About this exercise
Within this material, how many lines include the word "upsert"? Answer with a number and nothing more.

*** Block opens ***

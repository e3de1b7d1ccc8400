-- ===== src/Tests/Policies.antt =====
-- A fresh update of the permanently watched `arch:vim`.
use opatchy.Base.{In, [], false, here, none, refl, some, true, ℤ, ◌∷◌}
use opatchy.Models.{
  ItemSource, NormalizedItem, PersistentState, Provenance, ScanState, Severity, SnapshotResponse,
  SourceHealth, SourceName, SourceStatus, WatchMode,
}
use opatchy.Notifications.Conditional.{conditional_security_candidates}
use opatchy.Notifications.Freshness.{
  classify, current_provenance, fresh_source, fresh_status, live, policy_text, source_name,
}
use opatchy.Notifications.Policy.{
  fresh_item, insert_candidate, item_candidate, notification_candidates, security_candidates,
  sort_candidates, watch_candidates,
}
use opatchy.Notifications.Policy.Complete.{notification_candidates_complete}
use opatchy.Notifications.Policy.Sound.{Justified, by_watch, notification_candidates_sound}
use opatchy.Notifications.Types.{
  NotificationCandidate, NotificationChange, NotificationKind, NotificationSettings,
}
use opatchy.Runner.{CommandResult, CommandRunner}
use opatchy.Stars.{permanent_watch, watch_notification_reference}

abbrev pub vim_update : NormalizedItem
vim_update = record {
  item_id = "arch:vim";
  source = ItemSource.arch;
  label = "vim";
  installed = some "1";
  candidate = some "2";
  watch_mode = WatchMode.permanent;
  watchable = true;
  provenance = Provenance.live;
  installed_fingerprint = some "a";
  candidate_fingerprint = some "b";
  watch_armed = false;
}

abbrev pub arch_health : SourceHealth
arch_health = record {
  source = SourceName.arch;
  status = SourceStatus.ok;
  provenance = Provenance.live;
  observed_at = 10;
  fresh_until = 20;
  cause = none;
  scopes = [];
}

abbrev pub vim_snapshot : SnapshotResponse
vim_snapshot = record {
  generated_at = 10;
  generation_id = "g1";
  payload = record {
    scan_state = ScanState.partial;
    sources = arch_health ∷ [];
    summary = record {
      total_updates = ℤ.pos 1;
      watched_updates = ℤ.pos 1;
      security_findings = ℤ.pos 0;
      degraded_sources = ℤ.pos 0;
    };
    items = vim_update ∷ [];
    findings = [];
    notifications = [];
  };
  protocol_version = ℤ.pos 1;
}

abbrev permanent_state : PersistentState
permanent_state = record { watches = permanent_watch "arch:vim" ∷ []; ledger = []; sources = [] }

abbrev pub all_notified : NotificationSettings
all_notified = record {
  notify_permanent = true;
  notify_security = true;
  security_minimum_severity = Severity.high;
}

abbrev pub no_command : CommandRunner
no_command name arguments = CommandResult.missing "no command"

abbrev vim_notification : NotificationCandidate
vim_notification = record {
  fingerprint = "watch-v1:arch:vim:a:b";
  reference = "watch-v1:arch:vim:";
  kind = NotificationKind.watch;
  change = NotificationChange.first;
  title = "Watched update available";
  body = "Watched item vim has update 2 available.";
}

vim_is_notified :
    In vim_notification (
      notification_candidates
        (λ text. text)
        no_command
        all_notified
        permanent_state
        vim_snapshot
        15)
unfolding notification_candidates watch_candidates item_candidate fresh_item fresh_source
    current_provenance fresh_status source_name classify policy_text sort_candidates
    insert_candidate security_candidates conditional_security_candidates
    watch_notification_reference live
vim_is_notified = here

notification_candidates_sound_example :
    Justified
      (λ text. text)
      no_command
      all_notified
      permanent_state
      vim_snapshot
      15
      vim_notification
notification_candidates_sound_example =
    notification_candidates_sound (λ text. text) no_command all_notified permanent_state
      vim_snapshot 15 vim_notification vim_is_notified

vim_notification-Justified :
    Justified
      (λ text. text)
      no_command
      all_notified
      permanent_state
      vim_snapshot
      15
      vim_notification
unfolding fresh_item item_candidate current_provenance fresh_source fresh_status source_name
    classify policy_text watch_notification_reference live
vim_notification-Justified = by_watch vim_update here refl refl refl refl

notification_candidates_complete_example :
    In vim_notification (
      notification_candidates
        (λ text. text)
        no_command
        all_notified
        permanent_state
        vim_snapshot
        15)
notification_candidates_complete_example =
    notification_candidates_complete (λ text. text) no_command all_notified permanent_state
      vim_snapshot 15 vim_notification vim_notification-Justified
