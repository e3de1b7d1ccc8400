-- ===== src/Tests/Dispatches.antt =====
-- A dispatch on concrete files: an update of `arch:vim`, the lease of which ended without a report.
use opatchy.Base.{In, List, String, [], none, ok, refl, some, true, ◌∷◌, ◌≡◌}
use opatchy.Files.Disk.{Environment}
use opatchy.Files.States.{StateLoad, load_state}
use opatchy.Models.{
  LedgerEntry, NotificationOutcome, NotificationStatus, PersistentState, watch_beq,
}
use opatchy.Notifications.Batch.{
  batch_of, claimable, claimed_candidates, complete_batch, complete_state, completed_fingerprints,
  delivery_status, lease_all, live_lease, owned_by, owned_candidates, owner_fingerprint, owns_owner,
  pending, reserve_batch, reserve_claimed, settled_ledger, suppress_superseded, update_at, upsert,
}
use opatchy.Notifications.Conditional.{conditional_security_candidates}
use opatchy.Notifications.Dispatch.{dispatch}
use opatchy.Notifications.Dispatch.Reported.{IsReported, dispatch-IsReported}
use opatchy.Notifications.Freshness.{
  current_provenance, fresh_source, fresh_status, live, source_name,
}
use opatchy.Notifications.Policy.{
  fresh_item, insert_candidate, item_candidate, notification_candidates, security_candidates,
  sort_candidates, watch_candidates,
}
use opatchy.Notifications.Types.{NotificationKind}
use opatchy.Stars.{fingerprint, watch_notification_reference}
use opatchy.Storage.Documents.States.{state_value}
use opatchy.Storage.State.{validate_lease}
use opatchy.Storage.Watches.{validate_watch}
use opatchy.Tests.Commands.{saved_disk, vim}
use opatchy.Tests.Policies.{all_notified, no_command, vim_snapshot}
use opatchy.Wire.Json.{normalize_below}
use opatchy.Wire.Timestamps.{Calendar, ends_with_z}

abbrev entry : String → LedgerEntry
entry fingerprint = record {
  fingerprint = fingerprint;
  status = NotificationStatus.pending;
  recorded_at = 5;
  lease_token = some "t";
  lease_expires_at = some 5;
}

abbrev leased_state : PersistentState
leased_state = record {
  watches = vim ∷ [];
  ledger = entry "watch-v1:arch:vim:a:b" ∷ entry "notification-owner-v1:watch" ∷ [];
  sources = [];
}

-- a library that knows one moment
abbrev calendar : Calendar
calendar = record {
  isoformat = λ moment. "2026-01-01T00:00:00+00:00";
  fromisoformat = λ raw. some 5;
}

abbrev leased_env : Environment
leased_env = record {
  json = record {
    dumps = λ value. "{}";
    loads = λ on_object on_constant text. some (ok (state_value calendar leased_state));
    encode = λ text. some (b'{' ∷ b'}' ∷ []);
  };
  base64 = record { b64encode = λ raw. ""; b64decode = λ text. none };
  calendar = calendar;
  clock = λ n. n;
}

abbrev first_token : NotificationKind → String
first_token kind = "t"

abbrev reported : List NotificationOutcome
reported =
    record { fingerprint = "watch-v1:arch:vim:a:b"; status = NotificationStatus.pending } ∷ []

dispatch-IsReported_example :
    (load : StateLoad) × ((load_state leased_env true saved_disk).0 ≡ ok load)
    × ((o : NotificationOutcome)
        → In o reported
        → IsReported no_command
            (notification_candidates
              (λ text. text)
              no_command
              all_notified
              load.state
              vim_snapshot
              15)
            o)
unfolding dispatch normalize_below ends_with_z validate_watch validate_lease watch_beq reserve_batch
    owner_fingerprint live_lease reserve_claimed claimed_candidates claimable pending owned_by
    suppress_superseded upsert lease_all owned_candidates batch_of owns_owner complete_batch
    complete_state sort_candidates insert_candidate watch_candidates item_candidate
    security_candidates notification_candidates conditional_security_candidates fresh_item
    current_provenance fresh_source fresh_status source_name live watch_notification_reference
    settled_ledger update_at completed_fingerprints delivery_status
dispatch-IsReported_example =
    dispatch-IsReported (λ text. text) leased_env no_command all_notified 15 (λ kind. 15)
      first_token vim_snapshot saved_disk reported refl
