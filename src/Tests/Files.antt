-- ===== src/Tests/Files.antt =====
-- The storage on concrete files: a state with a star on `arch:vim`, and a generation.
use opatchy.Base.{
  Bool, List, [], arith, bool_eq, decode_utf8, err, false, if◌then◌else◌, list_eq, nat_eq, none, ok,
  option_eq, refl, some, string_eq, true, ℕ, ℤ, ◌++◌, ◌==◌, ◌∷◌, ◌≡◌,
}
use opatchy.Files.Commits.{
  load_state-schema, load_state-write_state, update_state-invalid, update_state-newer_schema,
}
use opatchy.Files.Disk.{Disk, Environment}
use opatchy.Files.Loads.{load_state-accepted}
use opatchy.Files.Operations.{update_state}
use opatchy.Files.States.{load_state, write_state}
use opatchy.Models.{
  PersistentState, WatchMode, WatchRecord, arch_status_eq, condition_eq, empty_state,
  item_source_eq, provenance_eq, severity_eq, source_name_eq, source_scope_eq, source_status_eq,
  watch_eq, watch_mode_eq,
}
use opatchy.Storage.Documents.Accepted.{decode_state-accepted}
use opatchy.Storage.Documents.Pruned.{prune_ledger-IsDurable}
use opatchy.Storage.Documents.RoundTrip.{IsIsoState, decode_state-encode_state}
use opatchy.Storage.Documents.Schemas.{IsNewer}
use opatchy.Storage.Documents.States.{decode_state, encode_state, state_value}
use opatchy.Storage.Durable.{IsDurable, validate_state-IsDurable}
use opatchy.Storage.Generations.{Base64, StorageError}
use opatchy.Storage.State.{prune_ledger, validate_state}
use opatchy.Storage.Watches.{
  is_advisory_id, is_arch_item_id, is_cve_id, is_printable_ascii, security_fix_condition,
  validate_condition, validate_watch,
}
use opatchy.Wire.Json.{JsonValue, dict, normalize, normalize_below, record_of}
use opatchy.Wire.Protocol.{IsReadable, JsonText, decode_json}
use opatchy.Wire.Timestamps.{Calendar}

abbrev calendar : Calendar
calendar = record { isoformat = λ moment. ""; fromisoformat = λ raw. none }

abbrev vim : WatchRecord
vim = record {
  item_id = "arch:vim";
  mode = WatchMode.temporary;
  installed_fingerprint = some "f1";
  candidate_fingerprint = none;
  armed = false;
  condition =
      some (record {
        advisory_id = "AVG-12";
        cve_ids = "CVE-2026-1234" ∷ [];
        fixed_version = "9.1-2";
      });
}

abbrev starred : PersistentState
starred = record { watches = vim ∷ []; ledger = []; sources = [] }

starred-IsValid : validate_state starred ≡ ok tt
unfolding validate_state validate_watch is_arch_item_id validate_condition is_advisory_id is_cve_id
    is_printable_ascii
starred-IsValid = refl

-- a library that writes one text, for the state above
abbrev json : JsonText
json = record {
  dumps = λ value. "{}";
  loads = λ on_object on_constant text.
      if text == "{}\n" then some (ok (state_value calendar starred)) else none;
  encode = λ text. some (b'{' ∷ b'}' ∷ []);
}

abbrev braces : List ℕ
braces = b'{' ∷ b'}' ∷ []

starred-IsIsoState : IsIsoState calendar (prune_ledger starred 0)
unfolding prune_ledger
starred-IsIsoState = record { ledger = tt; sources = tt }

starred-IsReadable : IsReadable json (state_value calendar (prune_ledger starred 0)) braces
unfolding decode_utf8 prune_ledger normalize normalize_below state_value
starred-IsReadable = record { encoded = refl; decoded = refl; loaded = refl; normal = refl }

decode_state-encode_state_example :
    (encode_state calendar json starred 0 ≡ ok (some (braces ++ (b'\n' ∷ []))))
    × (decode_state calendar json (braces ++ (b'\n' ∷ [])) ≡ ok (prune_ledger starred 0))
decode_state-encode_state_example =
    decode_state-encode_state calendar json starred 0 braces starred-IsValid starred-IsIsoState
      starred-IsReadable

decode_state-accepted_example : validate_state (prune_ledger starred 0) ≡ ok tt
decode_state-accepted_example =
    decode_state-accepted calendar json (braces ++ (b'\n' ∷ [])) (prune_ledger starred 0)
      decode_state-encode_state_example.1

abbrev base64 : Base64
base64 = record { b64encode = λ raw. ""; b64decode = λ text. none }

abbrev env : Environment
env = record { json = json; base64 = base64; calendar = calendar; clock = λ n. n }

abbrev empty_disk : Disk
empty_disk = record {
  state_file = none;
  generation_file = none;
  snapshot_file = none;
  inventory_file = λ source. none;
  quarantined = [];
  readings = 0;
}

load_state-write_state_example :
    ((write_state env starred empty_disk).0 ≡ ok tt)
    × ((load_state env false (write_state env starred empty_disk).1).0
        ≡ ok (record { state = prune_ledger (prune_ledger starred 0) 1; corrupt = false }))
load_state-write_state_example =
    load_state-write_state env starred braces empty_disk refl starred-IsValid starred-IsIsoState
      starred-IsReadable

abbrev saved_disk : Disk
saved_disk = record empty_disk { state_file = some (braces ++ (b'\n' ∷ [])) }

load_state-accepted_example : validate_state (prune_ledger (prune_ledger starred 0) 0) ≡ ok tt
unfolding load_state normalize_below security_fix_condition validate_condition is_advisory_id
    is_cve_id is_printable_ascii validate_watch is_arch_item_id
load_state-accepted_example =
    load_state-accepted env false saved_disk
      (record { state = prune_ledger (prune_ledger starred 0) 0; corrupt = false }) refl

-- a state file that is not UTF-8
abbrev broken_disk : Disk
broken_disk = record empty_disk { state_file = some (255 ∷ []) }

broken-moved : load_state env true broken_disk ≡ (
  ok (record { state = empty_state; corrupt = true }),
  record broken_disk { state_file = none; quarantined = (255 ∷ []) ∷ [] },
)
unfolding load_state decode_state
broken-moved = refl

-- a library that reads the document of a schema to come
abbrev later : Environment
later = record env {
  json = record json {
    loads = λ on_object on_constant text.
        some (ok (record_of (("schemaVersion", JsonValue.integer (ℤ.pos 3)) ∷ [])));
  };
}

saved-IsNewer : IsNewer later.json (braces ++ (b'\n' ∷ [])) 3
unfolding decode_json normalize_below decode_utf8
saved-IsNewer = (
  "{}\n",
  dict (("schemaVersion", JsonValue.integer (ℤ.pos 3)) ∷ []),
  refl,
  refl,
  refl,
  omega arith,
)

update_state-newer_schema_example :
    ((p : Bool)
      → load_state later p saved_disk ≡ (err (StorageError.schema_incompatible 3), saved_disk))
    × (update_state later (ok tt) ok saved_disk
        ≡ (err (StorageError.schema_incompatible 3), saved_disk))
update_state-newer_schema_example =
    update_state-newer_schema later saved_disk (braces ++ (b'\n' ∷ [])) 3 (ok tt) ok refl refl
      saved-IsNewer

load_state-schema_example : IsNewer later.json (braces ++ (b'\n' ∷ [])) 3
unfolding load_state normalize_below
load_state-schema_example =
    load_state-schema later saved_disk (braces ++ (b'\n' ∷ [])) 3 refl refl refl

abbrev doubled : PersistentState
doubled = record starred { watches = vim ∷ vim ∷ [] }

doubled-refused : validate_state doubled ≡ err "state has duplicate watches"
unfolding validate_state
doubled-refused = refl

empty_disk-loaded :
    load_state env false empty_disk
    ≡ (ok (record { state = empty_state; corrupt = false }), empty_disk)
unfolding load_state
empty_disk-loaded = refl

update_state-invalid_example : update_state env (ok tt) (λ state. ok doubled) empty_disk ≡ (
  err (StorageError.state_corrupt "state has duplicate watches"),
  record empty_disk { readings = 1 },
)
update_state-invalid_example =
    update_state-invalid env (λ state. ok doubled) empty_disk empty_disk
      (record { state = empty_state; corrupt = false }) doubled "state has duplicate watches"
      empty_disk-loaded refl refl doubled-refused

prune_ledger-IsDurable_example : IsDurable (prune_ledger starred 0)
prune_ledger-IsDurable_example =
    prune_ledger-IsDurable starred 0 (validate_state-IsDurable starred starred-IsValid)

*** Block closes ***

Result of the exercise
2